In Padua, they want to remove Annigoni's frescoes hoping to find Giotto


A petition has been launched in Padua asking to remove, in the Basilica of St. Anthony, the frescoes painted by Pietro Annigoni in 1981-1983, hoping to find those executed by Giotto six centuries earlier. But the superintendent cuts it short: it cannot be done.

Remove frescoes by Pietro Annigoni in order to bring to light older paintings executed by one of the giants of art history: Giotto. This is what is planned to be done in Padua, inside the Basilica of St. Anthony, with the aim of rediscovering the paintings that Giotto executed in the chapel of St. Catherine: the terms of Giotto’s intervention have been reconstructed by the research carried out a few years ago by art historian Giacomo Guazzini (about which we have also extensively reported on these pages). Going into more detail, the fourteenth-century decoration remained visible until 1734, when it was covered by a whitewash that left the wall empty until the twentieth century, when, between 1923 and 1925, the painter Giuseppe Cherubini was commissioned to remove the whitewash and restore what remained of Giotto’s paintings, after which, between 1981 and 1983, the room was frescoed by Annigoni with a cycle dedicated to the Stories of St. Antonino.

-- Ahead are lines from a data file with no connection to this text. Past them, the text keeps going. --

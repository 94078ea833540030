-- ===== src/Inet/Tests.antt =====
-- An ARP request for 10.0.0.1, and a host that has the second interface only.
use sadie.Prelude.{
  ℕ, ◌+◌, ◌*◌, ◌<◌, ◌≤◌, ◌≡◌, refl, arith, ◌==◌, ltb, leb, ◌&&◌, if◌then◌else◌, List, [], ◌∷◌, ◌++◌,
  inl, inr, true, length, ◌%◌,
}
use sadie.Word.{null}
use sadie.Memory.{Memory}
use sadie.Inet.{ac_arp_init}
use sadie.Inet.Arp.{IsPacket, ac_arp_init-IsPacket}
use sadie.Inet.Link.{
  SockaddrLl, Places, frame, clear_padding, frame_len, frame_byte, Iovec, send_arp, Host, gives,
  errs, Answer, init_cmd, ret_msg,
}
use sadie.Inet.Sent.{IsLinux, ArePlaced, send_arp-frame}

abbrev mem : Memory
mem a = if leb 300 a && ltb a 338 then 0 else a % 256

ac_arp_init-IsPacket_example :
    ((ac_arp_init 400 1 1 6 0x0800 4 500 510 null 520 mem).0 ≡ 8 + 2 * (6 + 4))
    × IsPacket 400 1 1 6 0x0800 4 500 510 null 520 mem
        (omega arith)
        (omega arith)
        (ac_arp_init 400 1 1 6 0x0800 4 500 510 null 520 mem).1
ac_arp_init-IsPacket_example =
    ac_arp_init-IsPacket 400 1 1 6 0x0800 4 500 510 null 520 mem (omega arith) (omega arith)
      (inr (inr (omega arith))) (inr (inr (omega arith))) (inl refl) (inr (inr (omega arith)))

abbrev linux : SockaddrLl
linux = record {
  size = 20;
  family_at = 0;
  protocol_at = 2;
  ifindex_at = 4;
  halen_at = 11;
  addr_at = 12;
  af_packet = 17;
}

abbrev linux-IsLinux : IsLinux linux
linux-IsLinux = record {
  size_20 = refl;
  family_first = refl;
  protocol_second = refl;
  ifindex_third = refl;
  halen_at_11 = refl;
  addr_at_12 = refl;
  af_packet_17 = refl;
}

abbrev places : Places
places = record {
  dst_addr = 100;
  local = 130;
  arp_req = 400;
  ether_hdr = 440;
  ifmac_addr = 500;
  sin_addr = 510;
  padding = 300;
  ifindex = 2;
}

abbrev places-ArePlaced : ArePlaced places 520
places-ArePlaced = record {
  dst_local = inr (omega arith);
  dst_arp = inl (omega arith);
  dst_ether = inl (omega arith);
  arp_ether = inl (omega arith);
  mac_arp = inr (inr (omega arith));
  sin_arp = inr (inr (omega arith));
  proto_arp = inr (inr (omega arith));
  padding_dst = inr (omega arith);
  padding_local = inr (omega arith);
  padding_arp = inl (omega arith);
  padding_ether = inl (omega arith);
}

send_arp-frame_example :
    (parts : Iovec) × (m : Memory) × (send_arp linux places 0x0800 4 520 (clear_padding places mem)
      ≡ frame parts m)
    × (frame_len parts ≡ 60)
    × (frame_byte parts m 0 ≡ 17)
    × (frame_byte parts m 1 ≡ 0)
    × (frame_byte parts m 2 ≡ 0x08)
    × (frame_byte parts m 3 ≡ 0x06)
    × (frame_byte parts m 12 ≡ 0x06)
    × (frame_byte parts m 13 ≡ 0x08)
    × ((i : ℕ) → 22 ≤ i → i < 60 → frame_byte parts m i ≡ 0)
send_arp-frame_example = send_arp-frame linux places 0x0800 520 mem linux-IsLinux places-ArePlaced

abbrev index_of : List ℕ → Answer ℕ
index_of [] = errs 19
index_of (first ∷ name) = if first == 119 then gives 3 else errs 19

abbrev host : Host
host = record {
  name_size = 16;
  socket = gives 5;
  setsockopt = gives tt;
  ifindex = index_of;
  hwaddr = λ name. gives (1 ∷ 2 ∷ 3 ∷ 4 ∷ 5 ∷ 6 ∷ []);
  ipv4 = λ name. gives (10 ∷ 0 ∷ 0 ∷ 2 ∷ []);
  starts_thread = true;
}

-- "eth0" and "wlan0".
abbrev eth0 : List ℕ
eth0 = 101 ∷ 116 ∷ 104 ∷ 48 ∷ []

abbrev wlan0 : List ℕ
wlan0 = 119 ∷ 108 ∷ 97 ∷ 110 ∷ 48 ∷ []

init_takes_second :
    init_cmd host ((eth0 ∷ []) ++ wlan0 ∷ []) places mem
    ≡ ret_msg
        (record {
          fd = 5;
          ifname_idx = length (eth0 ∷ []);
          ifindex = 3;
          ifmac_addr = 1 ∷ 2 ∷ 3 ∷ 4 ∷ 5 ∷ 6 ∷ [];
          ifipv4_addr = 10 ∷ 0 ∷ 0 ∷ 2 ∷ [];
          reading = true;
        })
        (clear_padding places mem)
unfolding init_cmd
init_takes_second = refl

We do not actually know how much is given to be found under the 20th-century frescoes. However, a petition has been launched in the city calling for the removal of Annigoni’s frescoes in the event that Giotto’s can be found. The petition was launched by the local association “Orizzonti - The Future Together,” which writes on Change.org as follows: “There is a Giotto ’kept hidden’ in a symbolic site of the Urbs Picta, a World Heritage Site precisely because of its fourteenth-century frescoes. The ’concealed’ masterpieces are on the walls of the Chapel of St. Catherine at the Basilica of St. Anthony, a sort of ’mini Scrovegni’ where, according to the opinion of authoritative scholars, the artist practiced in preparation for the creation of the most famous cycles he would later produce in Assisi and Padua in the Arena Casket. Following some restoration work, Pietro Annigoni’s gigantic Crucifix dated early 1980s on the back wall and wall paintings on the side walls remain, behind which a gap separates them from the 700-year-old frescoes by the Florentine master. Horizons is promoting this signature collection to ’unveil’ the hidden Giotto.”



Reconstruction of the cycle in St. Catherine's chapel (graphics by Enrico Bancone)
Reconstruction of the cycle in the chapel of Santa Caterina (graphics by Enrico Bancone)
Chapel of Saint Catherine, current state (Padua, Basilica del Santo)
Chapel of Saint Catherine, current state (Padua, Basilica del Santo)

Few signatures are collected at the moment: just 135 in one week. However, the petition is being talked about, and the pro-removers have also garnered support from some local politicians, such as regional councilor Arturo Lorenzoni of the center-left: “According to authoritative scholars, including Padua art historian Giuliano Pisani,” he said, “Giotto practiced there before creating the celebrated fresco cycles in the Upper Basilica of St. Francis, in Assisi, and in the Scrovegni Chapel. After seven centuries, the time has come to unveil these masterpieces to give them back to the whole world. More and more Padua is Urbs Picta, a UNESCO World Heritage Site. I am grateful to Professor Pisani and the Horizons Association. They take care of our city and stimulate us to enhance every aspect of the treasures we guard.”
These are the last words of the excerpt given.